Quel giorno compiva 27 anni. Ma non ci fu nessuna festa. Era il 26 gennaio 1943, il giorno della battaglia di Nikolajewka nel gelo mordente del terribile inverno russo. E lui era là.
Vincenzo Nodari, nativo di Cirano di Gandino e dal 1973 residente a Treviglio, artigliere di montagna della Divisione alpina «Tridentina», alla soglia dei 93 anni, che compie lunedì, di notte ancora oggi spesso si sveglia di soprassalto. «Mi pare di trovarmi ancora in quell'inferno – racconta –. Furono lunghe, interminabili ore. Non avevamo più la percezione chiara se fossimo persone o pupazzi di neve, che il destino si divertiva a disfare e a ricomporre. Eravamo sospinti da quell'uragano del grido del generale Luigi Reverberi: "Tridentina, avanti!". Combattemmo fino allo stremo delle forze nel paesaggio irreale che si stendeva attorno a noi: la neve e il ghiaccio tinti di rosso del sangue dei morti e dei feriti. I russi erano scomparsi come d'incanto. Noi della Tridentina avevamo compiuto il miracolo, mandando in frantumi l'accerchiamento dei nemici che, invece, avevano avuto ragione della Julia e della Cuneense».

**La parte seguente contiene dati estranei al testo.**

-- ===== src/Aws/EnsureOrder/Stages.antt =====
-- The order of calls that an ensure has to keep to, as a machine that reads them.
use multus_multivpc_cni.Base.{
  Text, ◌&&◌, Option, none, some, List, [], ◌∷◌, Result, ok, err, if◌then◌else◌, ◌==◌,
  option_text_eq,
}
use multus_multivpc_cni.Aws.Ec2.{NetworkInterface, AttachInput}
use multus_multivpc_cni.Aws.Trace.{
  Event, described, described_instances, described_types, created, attached, modified,
  assigned_ipv4, assigned_ipv6,
}

-- `fresh` has created the interface with the id, `joined` has attached it, and `ready` may give it
-- addresses; after a failed change nothing more may be called.
pub data Stage : Type 0 where
  looking missing counting : Stage
  fresh : Option Text → Stage
  joined : Option Text → Option Text → Stage
  ready : Option Text → Stage
  stopped violated : Stage

module _ {E : Type 0} where
  abbrev pub after_look : Result E (List NetworkInterface) → Stage
  after_look (err _) = stopped
  after_look (ok []) = missing
  after_look (ok (eni ∷ _)) = elim eni.attachment [
    | none ↦ stopped
    | some _ ↦ ready eni.network_interface_id
  ]

  abbrev after_create : Result E NetworkInterface → Stage
  after_create (err _) = stopped
  after_create (ok eni) = fresh eni.network_interface_id

  abbrev after_attach : Option Text → AttachInput → Result E (Option Text) → Stage
  after_attach id i (err _) = if i.network_interface_id == id then stopped else violated
  after_attach id i (ok attachment) =
      if i.network_interface_id == id then joined id attachment else violated

  -- The calls that a stage allows, with the interface that they have to be about.
  abbrev next : Stage → Event E → Stage
  next looking (described _ r) = after_look r
  next missing (described_instances _) = counting
  next counting (described_types _) = counting
  next counting (created _ r) = after_create r
  next (fresh id) (attached i r) = after_attach id i r
  next (joined id attachment) (modified i good) =
      if i.network_interface_id == id && i.attachment_id == attachment
      then if good then ready id else stopped
      else violated
  next (ready id) (assigned_ipv4 i good) =
      if i.network_interface_id == id then if good then ready id else stopped else violated
  next (ready id) (assigned_ipv6 i good) =
      if i.network_interface_id == id then if good then ready id else stopped else violated
  next _ _ = violated

  -- The stage after the calls, the last of which stands first.
  abbrev pub stage : List (Event E) → Stage
  stage [] = looking
  stage (event ∷ events) = next (stage events) event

L'alpino Vincenzo sta dettando alla nipote Claudia, 26 anni, le sue memorie; lei le registra meticolosamente al computer per poi inviare tutto alla sezione dell'Ana (Associazione nazionale alpini) di Bergamo, che sta raccogliendo i ricordi dei reduci.
Originario di Cirano di Gandino e contadino da sempre, con radici lodigiane da parte della mamma Rachele Nodari (che non aveva alcuna linea di parentela con il marito Francesco, pur avendo lo stesso cognome), dal 1973 insieme alla moglie Maria Angela Castelli (di Barzizza, frazione di Gandino dove i due si sposarono nel '45) e tre dei cinque figli (Aldo, Mario e Francesca), è sceso a Treviglio dopo aver comprato la cascina Passera. Ora, dopo essere rimasto vedovo tre anni fa, vive con la figlia – titolare dell'agriturismo «Cascina 4 roveri» di Treviglio –, il genero Luigi Suardi e i nipoti Claudia, Giampaolo e Angelo. Gli altri due figli – Pietro e Giuseppe –, che hanno prestato servizio militare come alpini, ora pensionati, vivono in Val Seriana: il primo a Cirano e il secondo a Cazzano Sant'Andrea.
Vincenzo conserva una lucidità sorprendente e legge senza occhiali. È affezionato lettore de L'Eco di Bergamo, «che mi fa conoscere le notizie della mia Valle, ma anche di tutta la provincia», e del settimanale locale «Il popolo cattolico». Regolarmente gli alpini di Treviglio lo vanno a trovare, e lo faranno anche lunedì sera per festeggiare insieme alla famiglia il compleanno: con loro si esibisce, con spigliata voce baritonale, nei canti della montagna e degli alpini. È affezionato al suo cappello, che tiene sempre in bella mostra appeso nel salottino e che indossa in ogni manifestazione a cui è invitato. «Quello originale – puntualizza – è andato perso nella Campagna di Russia; là nelle trincee e nelle azioni di combattimento bisognava indossare l'elmetto, e nel trambusto molti di noi hanno perso il cappello con la penna». Tra le cose care che conserva, mostra l'attestato d'onore e la croce di guerra.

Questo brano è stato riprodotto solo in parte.